- [Try it]
Copy each line of the following data that contains "AppView".

- [Records shown]
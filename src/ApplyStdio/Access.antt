-- ===== src/ApplyStdio/Access.antt =====
-- apply-stdio/src/lib.rs: the accessors of `AppView`, and the fold of a stream of messages.
use lusid.Base.{Option, some, none, List, [], ◌∷◌, Result, ok, ◌>>=◌}
use lusid.ApplyStdio.FlatView.{FlatViewTree}
use lusid.ApplyStdio.AppView.{
  AppUpdate, AppView, AppViewError, start, params, resources, resource_states, resource_changes,
  operations, operations_apply, done, update, Epochs,
}

abbrev pub get_resource_params : AppView → Option FlatViewTree
get_resource_params start = none
get_resource_params (params tree) = some tree
get_resource_params (resources d) = some d.resource_params
get_resource_params (resource_states d) = some d.resource_params
get_resource_params (resource_changes d) = some d.resource_params
get_resource_params (operations d) = some d.resource_params
get_resource_params (operations_apply d) = some d.resource_params
get_resource_params (done d) = some d.resource_params

abbrev pub get_resources : AppView → Option FlatViewTree
get_resources (resources d) = some d.resources
get_resources (resource_states d) = some d.resources
get_resources (resource_changes d) = some d.resources
get_resources (operations d) = some d.resources
get_resources (operations_apply d) = some d.resources
get_resources (done d) = some d.resources
get_resources _ = none

abbrev pub get_resource_states : AppView → Option FlatViewTree
get_resource_states (resource_states d) = some d.resource_states
get_resource_states (resource_changes d) = some d.resource_states
get_resource_states (operations d) = some d.resource_states
get_resource_states (operations_apply d) = some d.resource_states
get_resource_states (done d) = some d.resource_states
get_resource_states _ = none

abbrev pub get_resource_changes : AppView → Option FlatViewTree
get_resource_changes (resource_changes d) = some d.resource_changes
get_resource_changes (operations d) = some d.resource_changes
get_resource_changes (operations_apply d) = some d.resource_changes
get_resource_changes (done d) = some d.resource_changes
get_resource_changes _ = none

abbrev pub get_operations_tree : AppView → Option FlatViewTree
get_operations_tree (operations d) = some d.operations_tree
get_operations_tree (operations_apply d) = some d.operations_tree
get_operations_tree (done d) = some d.operations_tree
get_operations_tree _ = none

abbrev pub get_operations_epochs : AppView → Option Epochs
get_operations_epochs (operations_apply d) = some d.operations_epochs
get_operations_epochs (done d) = some d.operations_epochs
get_operations_epochs _ = none

-- The updates of a stream, one after another, up to the first error.
unfoldable pub run : List AppUpdate → AppView → Result AppViewError AppView
run [] view = ok view
run (u ∷ updates) view = update view u >>= λ view'. run updates view'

- [Output of the exercise]
-- apply-stdio/src/lib.rs: the accessors of `AppView`, and the fold of a stream of messages.
use lusid.ApplyStdio.AppView.{
  AppUpdate, AppView, AppViewError, start, params, resources, resource_states, resource_changes,
abbrev pub get_resource_params : AppView → Option FlatViewTree
abbrev pub get_resources : AppView → Option FlatViewTree
abbrev pub get_resource_states : AppView → Option FlatViewTree
abbrev pub get_resource_changes : AppView → Option FlatViewTree
abbrev pub get_operations_tree : AppView → Option FlatViewTree
abbrev pub get_operations_epochs : AppView → Option Epochs
unfoldable pub run : List AppUpdate → AppView → Result AppViewError AppView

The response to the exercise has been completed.